- _PROMPT_
Produce word for word the lines of the data below running from the one that has "unfolding has_prefix" to the one that has "cc (rw (f, q, abs) at h)", inclusive, and no others.

Items listed in a dataset:
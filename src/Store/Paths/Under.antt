-- ===== src/Store/Paths/Under.antt =====
-- `JoinUnderRoot` of internal/store/pathsafe.go never leaves the root.
use Prim.Native.String.append
use text.Mathlib.TextLemmas.{append_assoc}
use mathlib.Core.List.{append-nil}
use noctaxris_gcp.Base.{
  String, true, false, ◌==◌, ◌≡◌, refl, sym, ap, subst, ◌∙◌, inl, inr, List, [], ◌∷◌, ◌++◌, Result,
  ok, err, arith, eq_iff, annotate, concat, has_prefix, has_prefix-append, trim_space, All,
  Bool-cases, Result-cases,
}
use noctaxris_gcp.Store.Paths.Filepath.{join_slash, is_abs, join, abs, apart, ups, way, rel}
use noctaxris_gcp.Store.Paths.Buckets.{escapes, check_elements, related, join_under_root}
use noctaxris_gcp.Store.Paths.Segments.{Good, render, clean-rooted, clean_segments-render}

render-rooted : (ss : List String) → is_abs (render ss) ≡ true
render-rooted ss = has_prefix-append "/" (join_slash ss)

-- What two lists have in common stands before what is left of each.
apart_common :
    (bs ts : List String)
    → (pre : List String) × (bs ≡ pre ++ (apart bs ts).0) × (ts ≡ pre ++ (apart bs ts).1)
unfolding apart
apart_common [] ts = ([], refl, refl)
apart_common (b ∷ bs) [] = ([], refl, refl)
apart_common (b ∷ bs) (t ∷ ts) = elim (Bool-cases (b == t)) [
  | inr f ↦ ([], rw (f, apart) refl, rw (f, apart) refl)
  | inl e ↦
      let (pre, p, q) = apart_common bs ts in
      (b ∷ pre, rw (e, apart) (cc p), rw (e, apart) (cc (q, (eq_iff b t).0 e)))
]

dots_slash : (t : String) → has_prefix (concat ".." (concat "/" t)) "../" ≡ true
dots_slash t =
    subst (λ (s : String). has_prefix s "../" ≡ true) (append_assoc ".." "/" t)
      (has_prefix-append "../" t)

dots_escape : (t : String) → escapes (concat ".." (concat "/" t)) ≡ true
dots_escape t = ground (arith, dots_slash t)

-- A way that leads up escapes.
ups_escape : (b : String) (bs ts : List String) → escapes (join_slash (ups (b ∷ bs) ts)) ≡ true
unfolding ups join_slash
ups_escape b [] [] = refl
ups_escape b [] (t ∷ ts) = dots_escape (join_slash (t ∷ ts))
ups_escape b (c ∷ bs) ts = dots_escape (join_slash (".." ∷ ups bs ts))

ok_text : {s t : String} → ok s ≡ ok t → s ≡ t
ok_text e = cc

-- A way that does not escape leads down.
way_down :
    (bs ts : List String) (text : String) → way (bs, ts) ≡ ok text → escapes text ≡ false → bs ≡ []
unfolding way
way_down [] ts text h f = refl
way_down (b ∷ bs) ts text h f = elim (Bool-cases (b == "..")) [
  | inl t ↦ cc (rw (t, way) at h)
  | inr g ↦
      let same : join_slash (ups (b ∷ bs) ts) ≡ text = ok_text (rw (g, way) at h) in
      cc (ups_escape b bs ts, f, same)
]

rel-render :
    (base target : List String)
    → All Good base
    → All Good target
    → rel (render base) (render target) ≡ way (apart base target)
unfolding rel
rel-render base target gb gt =
    rw
      (
        render-rooted base,
        render-rooted target,
        clean_segments-render base gb,
        clean_segments-render target gt,
      )
      refl

-- Of two rooted paths that are related without a way up, the first is a beginning of the second.
below :
    (base target : List String)
    → All Good base
    → All Good target
    → (p : String) → related (render base) (render target) ≡ ok p
    → (rest : List String) × (target ≡ base ++ rest) × (p ≡ render target)
unfolding related
below base target gb gt p h = elim (Result-cases (rel (render base) (render target))) [
  | inr (e, r) ↦ cc (rw (r, related) at h)
  | inl (text, r) ↦ elim (Bool-cases (escapes text)) [
    | inl t ↦ cc (rw (r, t, related) at h)
    | inr f ↦
        let (pre, b, t) = apart_common base target in
        let nothing_left =
          way_down (apart base target).0 (apart base target).1 text
            (sym (rel-render base target gb gt) ∙ r) f in
        let whole : base ≡ pre =
          b ∙ ap (λ (l : List String). pre ++ l) nothing_left ∙ append-nil pre in
        let same : render target ≡ p = ok_text (rw (r, f, related) at h) in
        (
          (apart base target).1,
          t ∙ ap (λ (l : List String). l ++ (apart base target).1) (sym whole),
          sym same,
        )
  ]
]

rooted-append : (s t : String) → is_abs s ≡ true → is_abs (concat s t) ≡ true
unfolding has_prefix
rooted-append String.[] t h = cc
rooted-append (String.◌∷◌ c s) t h = rw append.cons (unfold has_prefix in h)

join_slash-rooted :
    (s : String) (ss : List String) → is_abs s ≡ true → is_abs (join_slash (s ∷ ss)) ≡ true
unfolding join_slash
join_slash-rooted s [] h = h
join_slash-rooted s (t ∷ ts) h = rooted-append s (concat "/" (join_slash (t ∷ ts))) h

rooted-ne : (s : String) → is_abs s ≡ true → s == "" ≡ false
rooted-ne s h = ground (arith, eq_iff s "", nothing_rooted)
  where
    nothing_rooted : is_abs "" ≡ false
    nothing_rooted = unfold has_prefix in refl

-- What is joined to a rooted path is rooted.
join-rooted :
    (s : String) (ss : List String)
    → is_abs s ≡ true
    → (ts : List String) × All Good ts × (join (s ∷ ss) ≡ render ts)
unfolding join
join-rooted s ss h =
    let (ts, g, e) = clean-rooted (join_slash (s ∷ ss)) (join_slash-rooted s ss h) in
    (ts, g, rw (rooted-ne s h) e)

-- What a path becomes, where the working directory is a rooted path.
abs-rooted :
    (getwd : Result String) (path p : String)
    → ((wd : String) → getwd ≡ ok wd → is_abs wd ≡ true)
    → abs getwd path ≡ ok p
    → (ss : List String) × All Good ss × (p ≡ render ss)
unfolding abs
abs-rooted getwd path p rooted h = elim (Bool-cases (is_abs path)) [
  | inl t ↦ let (ss, g, e) = clean-rooted path t in (ss, g, sym (ok_text (rw (t, abs) at h)) ∙ e)
  | inr f ↦ elim (Result-cases getwd) [
    | inr (e, q) ↦ cc (rw (f, q, abs) at h)
    | inl (wd, q) ↦
        let (ss, g, e) = join-rooted wd (path ∷ []) (rooted wd q) in
        (ss, g, sym (ok_text (rw (f, q, abs) at h)) ∙ e)
  ]
]

All-behind : (base rest : List String) → All Good (base ++ rest) → All Good rest
All-behind [] rest h = h
All-behind (b ∷ base) rest h = All-behind base rest h.1

annotated : (what : String) (r : Result String) (p : String) → annotate what r ≡ ok p → r ≡ ok p
annotated what (ok q) p h = cc
annotated what (err e) p h = cc

module _ (getwd : Result String) (root : String) (elem : List String) (p : String) where
  -- The steps of a call that succeeds.
  join_under_root_steps :
      join_under_root getwd root elem ≡ ok p
      → (abs_root : String) × (abs_joined : String) × (abs getwd (trim_space root) ≡ ok abs_root)
        × (abs getwd (join (abs_root ∷ elem)) ≡ ok abs_joined)
        × (related abs_root abs_joined ≡ ok p)
  unfolding join_under_root
  join_under_root_steps h = elim (Bool-cases (trim_space root == "")) [
    | inl t ↦ cc (rw (t, join_under_root) at h)
    | inr f ↦ elim (Result-cases (check_elements elem)) [
      | inr (e, c) ↦ cc (rw (f, c, join_under_root) at h)
      | inl (u, c) ↦ elim (Result-cases (annotate "resolve root" (abs getwd (trim_space root)))) [
        | inr (e, a) ↦ cc (rw (f, c, a, join_under_root) at h)
        | inl (abs_root, a) ↦
            elim (Result-cases
              (annotate "resolve joined path" (abs getwd (join (abs_root ∷ elem))))) [
                | inr (e, b) ↦ cc (rw (f, c, a, b, join_under_root) at h)
                | inl (abs_joined, b) ↦ (
                  abs_root,
                  abs_joined,
                  annotated _ _ abs_root a,
                  annotated _ _ abs_joined b,
                  rw (f, c, a, b, join_under_root) at h,
                )
              ]
      ]
    ]
  ]

  -- A path that is joined under a root stays under it: where the working directory is a rooted path,
  -- and the call succeeds, the root and the path are rooted and made of segments that are not empty,
  -- have no slash and are neither `.` nor `..`, and the segments of the path are those of the root,
  -- then others.
  pub join_under_root_inside :
      ((wd : String) → getwd ≡ ok wd → is_abs wd ≡ true)
      → join_under_root getwd root elem ≡ ok p
      → (base : List String) × (rest : List String) × All Good base
        × All Good rest
        × (abs getwd (trim_space root) ≡ ok (render base))
        × (p ≡ render (base ++ rest))
  join_under_root_inside rooted h =
      let (abs_root, abs_joined, a, b, r) = join_under_root_steps h in
      let (base, gb, eb) = abs-rooted getwd (trim_space root) abs_root rooted a in
      let (target, gt, et) = abs-rooted getwd (join (abs_root ∷ elem)) abs_joined rooted b in
      let (rest, t, q) = below base target gb gt p (
        ap (λ (s : String). related s (render target)) (sym eb)
        ∙ ap (λ (s : String). related abs_root s) (sym et)
        ∙ r) in
      (base, rest, gb, All-behind base rest (subst (All Good) t gt), a ∙ ap ok eb, q ∙ ap render t)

- _TASK RESPONSE_
unfolding has_prefix
rooted-append String.[] t h = cc
rooted-append (String.◌∷◌ c s) t h = rw append.cons (unfold has_prefix in h)

join_slash-rooted :
    (s : String) (ss : List String) → is_abs s ≡ true → is_abs (join_slash (s ∷ ss)) ≡ true
unfolding join_slash
join_slash-rooted s [] h = h
join_slash-rooted s (t ∷ ts) h = rooted-append s (concat "/" (join_slash (t ∷ ts))) h

rooted-ne : (s : String) → is_abs s ≡ true → s == "" ≡ false
rooted-ne s h = ground (arith, eq_iff s "", nothing_rooted)
  where
    nothing_rooted : is_abs "" ≡ false
    nothing_rooted = unfold has_prefix in refl

-- What is joined to a rooted path is rooted.
join-rooted :
    (s : String) (ss : List String)
    → is_abs s ≡ true
    → (ts : List String) × All Good ts × (join (s ∷ ss) ≡ render ts)
unfolding join
join-rooted s ss h =
    let (ts, g, e) = clean-rooted (join_slash (s ∷ ss)) (join_slash-rooted s ss h) in
    (ts, g, rw (rooted-ne s h) e)

-- What a path becomes, where the working directory is a rooted path.
abs-rooted :
    (getwd : Result String) (path p : String)
    → ((wd : String) → getwd ≡ ok wd → is_abs wd ≡ true)
    → abs getwd path ≡ ok p
    → (ss : List String) × All Good ss × (p ≡ render ss)
unfolding abs
abs-rooted getwd path p rooted h = elim (Bool-cases (is_abs path)) [
  | inl t ↦ let (ss, g, e) = clean-rooted path t in (ss, g, sym (ok_text (rw (t, abs) at h)) ∙ e)
  | inr f ↦ elim (Result-cases getwd) [
    | inr (e, q) ↦ cc (rw (f, q, abs) at h)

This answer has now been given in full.